When Obama leaves for Oslo, Norway, on Wednesday to be lauded for his style of international diplomacy, he goes knowing that the American people are more concerned about something else: peace of mind.

The economy has left millions of them hurting. The mood of the country is dispirited — more people than not think the nation is going in the wrong direction — and soothing news is tough to find. Unemployment is in double digits even as the bleeding of jobs has slowed.

Meanwhile, the memory is only days old of Obama’s address at West Point, N.Y., where he told Army cadets and the rest of the world that he was escalating the war in Afghanistan to stabilize it and then try to end it.

All that is the backdrop for the imagery the world is about to see: an American president to be toasted for peace, awarded a storied Nobel medal, treated to a torch-lit procession and feted at a banquet filled with people in tuxedos and gowns.
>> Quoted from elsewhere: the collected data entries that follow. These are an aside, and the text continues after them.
-- ===== src/FrameAlloc/Bitmap.antt =====
-- The writes of zone_alloc of mm/frame_alloc.c to the bitmaps of a zone.
use heaven_os.Prelude.{ℕ, ◌%◌, ◌<◌, ◌≡◌, ◌≢◌, refl, arith, false, ◌==◌, update, some, List}
use heaven_os.Memory.{Bytes, u8}
use heaven_os.FrameAlloc.{Zone, max_order, buddy_index, byte_addr, change_bit}
use heaven_os.FrameAlloc.Geometry.{IsZone, In}

-- The zone is aligned to blocks of the highest order, and the orders below the highest have a bitmap.
pub record IsLaidOut (z : Zone) : Type 0 where
  pub zone : IsZone z.start_addr z.end_addr
  pub nonnull : (k : ℕ) → k < max_order → z.bitmap k ≢ 0

-- The address is no byte of a bitmap that the blocks of the zone use.
abbrev pub IsApart : Zone → ℕ → Type 0
IsApart z x = (k a : ℕ) → k < max_order → In z.start_addr z.end_addr a → x ≢ byte_addr z k a

-- The memory after a change of the bit of the pair of `b`.
pub changed : (ℕ → ℕ → ℕ) → Zone → ℕ → ℕ → Bytes → Bytes
changed op z k b m =
    update m (byte_addr z k b) (u8 (op (m (byte_addr z k b)) (buddy_index z k b % 8)))

-- A zone with other free lists.
abbrev pub with_free : Zone → (ℕ → List ℕ) → Zone
with_free z free = record z { free = free }

module _ {z : Zone} (laid : IsLaidOut z) (k b : ℕ) (low : k < max_order) (op : ℕ → ℕ → ℕ)
    (m : Bytes) where
  pub change_bit-eq :
      (free : ℕ → List ℕ) → change_bit op (with_free z free) k b m ≡ some (changed op z k b m)
  unfolding change_bit changed
  change_bit-eq free =
      let e : (z.bitmap k == 0) ≡ false = ground (arith, laid.nonnull k low) in rw e refl

  pub changed-apart :
      In z.start_addr z.end_addr b → (x : ℕ) → IsApart z x → changed op z k b m x ≡ m x
  unfolding changed
  changed-apart here x apart =
      let e : (byte_addr z k b == x) ≡ false = ground (arith, apart k b low here) in rw e refl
The reaction back home could be delicate. A Gallup poll after Obama won the award in October found 61 percent of Americans did not think he deserved it.

This could be a moment of American pride, but the White House reaction has been restrained. Obama will be in and out of Oslo in about a day.

As for the award, Obama says it’s not really about him.

On the morning eight weeks ago when the news caught the world by surprise, Obama called it an affirmation of American leadership “on behalf of aspirations held by people in all nations.”

But the Nobel committee says the award is, in fact, about Obama.

The reaction was so loud — joyous, critical, bewildered — that panel members broke their usual silence to defend their unanimous selection.

“Alfred Nobel wrote that the prize should go to the person who has contributed most to the development of peace in the previous year,” said the committee chairman, Thorbjorn Jagland. “Who has done more for that than Barack Obama?”

In choosing Obama, the panel cited his work toward a world free of nuclear weapons, for a more engaged U.S. role in combating global warming, for his support of the United Nations and multilateral diplomacy, and for broadly capturing the attention of the world and giving its people “hope.”

Clearly, the award meant to promote those efforts as much as reward them. Obama was in office 12 days when the nomination deadline hit. He was in office less than nine months when he was named a Nobel laureate.